§ WHAT YOU WILL DO
Write the records out again. Match them exactly.

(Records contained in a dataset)
-- ===== src/Jobs/Processor.antt =====
-- app/jobs/processor.py: the processing of one claimed job.
pub mod Retry
pub mod Persisted
pub mod Outcome
pub mod ShortPause
pub mod RestRequest
pub mod WaitField
pub mod Dispatch
pub mod Settled
pub mod Finished
pub mod Delays
pub mod Checkpoint
pub mod Refinement
pub mod Robots
pub mod Waiting
mod Scenarios
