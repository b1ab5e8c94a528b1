-- ===== src/Jobs/Processor/Retry.antt =====
-- The retry times of app/jobs/processor.py, in microseconds; a random value is a number of millionths.
use b24_sinedis.Prelude.{
  ℕ, ℤ, pos, ◌+◌, ◌-◌, ◌*◌, ◌/◌, ◌^◌, min, max, String, Bool, true, Option, none, some,
  if◌then◌else◌,
}
use b24_sinedis.Prelude.Int.{to_nat, scale}
use b24_sinedis.Value.{Value, str, int, float, bool, Fields, get}
use b24_sinedis.Settings.{Settings, second}
use b24_sinedis.Time.{add_delta, from_timestamp}
use b24_sinedis.Runtime.{Result, ok, raised, Env}
use b24_sinedis.Bitrix.Exceptions.{
  ApiError, Failure, bitrix, authentication_error, permission_error, rate_limit_error,
  temporary_error, permanent_error,
}

abbrev pub million : ℕ
million = 1000000

-- min(maximum, base * 2 ** max(0, attempts - 1)), and the jitter on top
unfoldable pub retry_delay_seconds : ℕ → ℕ → ℕ → ℕ → ℤ → ℕ
retry_delay_seconds attempts base maximum jitter random_value =
    let exponential = min maximum (base * 2 ^ (attempts - 1)) in
    min maximum (exponential + min million (to_nat random_value) * jitter / million)

module _ {A B : Type 0} where
  abbrev pub bind : Result A → (A → Result B) → Result B
  bind (ok a) f = f a
  bind (raised e) f = raised e

-- max(calculated, now + timedelta(seconds=retry_after_seconds))
abbrev pub at_least_after : ℕ → Option ℕ → ℕ → Result ℕ
at_least_after now none calculated = ok calculated
at_least_after now (some delay) calculated =
    bind (add_delta now delay) (λ other. ok (max calculated other))

abbrev pub at_least : Option ℕ → ℕ → ℕ
at_least none calculated = calculated
at_least (some reset) calculated = max calculated reset

unfoldable pub retry_at : ℕ → ℕ → Settings → ℤ → Option ℕ → Option ℕ → Result ℕ
unfolding retry_delay_seconds add_delta
retry_at now attempts settings random_value retry_after operating_reset_at =
    bind
      (add_delta now (
        retry_delay_seconds attempts settings.worker_retry_base settings.worker_retry_max
          settings.worker_retry_jitter random_value))
      λ delayed.
        bind (at_least_after now retry_after delayed)
          λ calculated. ok (at_least operating_reset_at calculated)

-- The attributes that `getattr` finds on the API errors.
abbrev pub api_error : Failure → Option ApiError
api_error (bitrix (authentication_error e)) = some e
api_error (bitrix (permission_error e)) = some e
api_error (bitrix (rate_limit_error e)) = some e
api_error (bitrix (temporary_error e)) = some e
api_error (bitrix (permanent_error e)) = some e
api_error _ = none

abbrev pub retry_after_of : Failure → Option ℕ
retry_after_of error = elim (api_error error) [ none ↦ none | some e ↦ e.retry_after_seconds ]

abbrev time_of : Failure → Option Fields
time_of error = elim (api_error error) [ none ↦ none | some e ↦ e.time ]

abbrev present : Result ℕ → Result (Option ℕ)
present (ok t) = ok (some t)
present (raised e) = raised e

abbrev zoned : Option (ℕ × Bool) → Option ℕ
zoned (some (t, true)) = some t
zoned _ = none

-- A Boolean is an `int` here too.
abbrev pub reset_of : (String → Option (ℕ × Bool)) → Option Value → Result (Option ℕ)
reset_of from_iso (some (int z)) = present (from_timestamp (scale second z))
reset_of from_iso (some (float f)) = present (from_timestamp f)
reset_of from_iso (some (bool b)) = present (from_timestamp (pos (if b then second else 0)))
reset_of from_iso (some (str s)) = ok (zoned (from_iso s))
reset_of from_iso _ = ok none

unfoldable pub operating_reset : Env → Failure → Result (Option ℕ)
unfolding get from_timestamp
operating_reset env error = elim (time_of error) [
  | none ↦ ok none
  | some time ↦ reset_of env.from_iso_format (get "operating_reset_at" time)
]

§ YOUR RESPONSE
-- ===== src/Jobs/Processor.antt =====
-- app/jobs/processor.py: the processing of one claimed job.
pub mod Retry
pub mod Persisted
pub mod Outcome
pub mod ShortPause
pub mod RestRequest
pub mod WaitField
pub mod Dispatch
pub mod Settled
pub mod Finished
pub mod Delays
pub mod Checkpoint
pub mod Refinement
pub mod Robots
pub mod Waiting
mod Scenarios
repository b1ab5e8c94a528b1
-- ===== src/Jobs/Processor/Retry.antt =====
-- The retry times of app/jobs/processor.py, in microseconds; a random value is a number of millionths.
use b24_sinedis.Prelude.{
  ℕ, ℤ, pos, ◌+◌, ◌-◌, ◌*◌, ◌/◌, ◌^◌, min, max, String, Bool, true, Option, none, some,
  if◌then◌else◌,
}
use b24_sinedis.Prelude.Int.{to_nat, scale}
use b24_sinedis.Value.{Value, str, int, float, bool, Fields, get}
use b24_sinedis.Settings.{Settings, second}
use b24_sinedis.Time.{add_delta, from_timestamp}
use b24_sinedis.Runtime.{Result, ok, raised, Env}
use b24_sinedis.Bitrix.Exceptions.{
  ApiError, Failure, bitrix, authentication_error, permission_error, rate_limit_error,
  temporary_error, permanent_error,
}

abbrev pub million : ℕ
million = 1000000

-- min(maximum, base * 2 ** max(0, attempts - 1)), and the jitter on top
unfoldable pub retry_delay_seconds : ℕ → ℕ → ℕ → ℕ → ℤ → ℕ
retry_delay_seconds attempts base maximum jitter random_value =
    let exponential = min maximum (base * 2 ^ (attempts - 1)) in
    min maximum (exponential + min million (to_nat random_value) * jitter / million)

module _ {A B : Type 0} where
  abbrev pub bind : Result A → (A → Result B) → Result B
  bind (ok a) f = f a
  bind (raised e) f = raised e

-- max(calculated, now + timedelta(seconds=retry_after_seconds))
abbrev pub at_least_after : ℕ → Option ℕ → ℕ → Result ℕ
at_least_after now none calculated = ok calculated
at_least_after now (some delay) calculated =
    bind (add_delta now delay) (λ other. ok (max calculated other))

abbrev pub at_least : Option ℕ → ℕ → ℕ
at_least none calculated = calculated
at_least (some reset) calculated = max calculated reset

unfoldable pub retry_at : ℕ → ℕ → Settings → ℤ → Option ℕ → Option ℕ → Result ℕ
unfolding retry_delay_seconds add_delta
retry_at now attempts settings random_value retry_after operating_reset_at =
    bind
      (add_delta now (
        retry_delay_seconds attempts settings.worker_retry_base settings.worker_retry_max
          settings.worker_retry_jitter random_value))
      λ delayed.
        bind (at_least_after now retry_after delayed)
          λ calculated. ok (at_least operating_reset_at calculated)

-- The attributes that `getattr` finds on the API errors.
abbrev pub api_error : Failure → Option ApiError
api_error (bitrix (authentication_error e)) = some e
api_error (bitrix (permission_error e)) = some e
api_error (bitrix (rate_limit_error e)) = some e
api_error (bitrix (temporary_error e)) = some e
api_error (bitrix (permanent_error e)) = some e
api_error _ = none

abbrev pub retry_after_of : Failure → Option ℕ
retry_after_of error = elim (api_error error) [ none ↦ none | some e ↦ e.retry_after_seconds ]

abbrev time_of : Failure → Option Fields
time_of error = elim (api_error error) [ none ↦ none | some e ↦ e.time ]

abbrev present : Result ℕ → Result (Option ℕ)
present (ok t) = ok (some t)
present (raised e) = raised e

abbrev zoned : Option (ℕ × Bool) → Option ℕ
zoned (some (t, true)) = some t
zoned _ = none

-- A Boolean is an `int` here too.
abbrev pub reset_of : (String → Option (ℕ × Bool)) → Option Value → Result (Option ℕ)
reset_of from_iso (some (int z)) = present (from_timestamp (scale second z))
reset_of from_iso (some (float f)) = present (from_timestamp f)
reset_of from_iso (some (bool b)) = present (from_timestamp (pos (if b then second else 0)))
reset_of from_iso (some (str s)) = ok (zoned (from_iso s))
reset_of from_iso _ = ok none

unfoldable pub operating_reset : Env → Failure → Result (Option ℕ)
unfolding get from_timestamp
operating_reset env error = elim (time_of error) [
  | none ↦ ok none
  | some time ↦ reset_of env.from_iso_format (get "operating_reset_at" time)
]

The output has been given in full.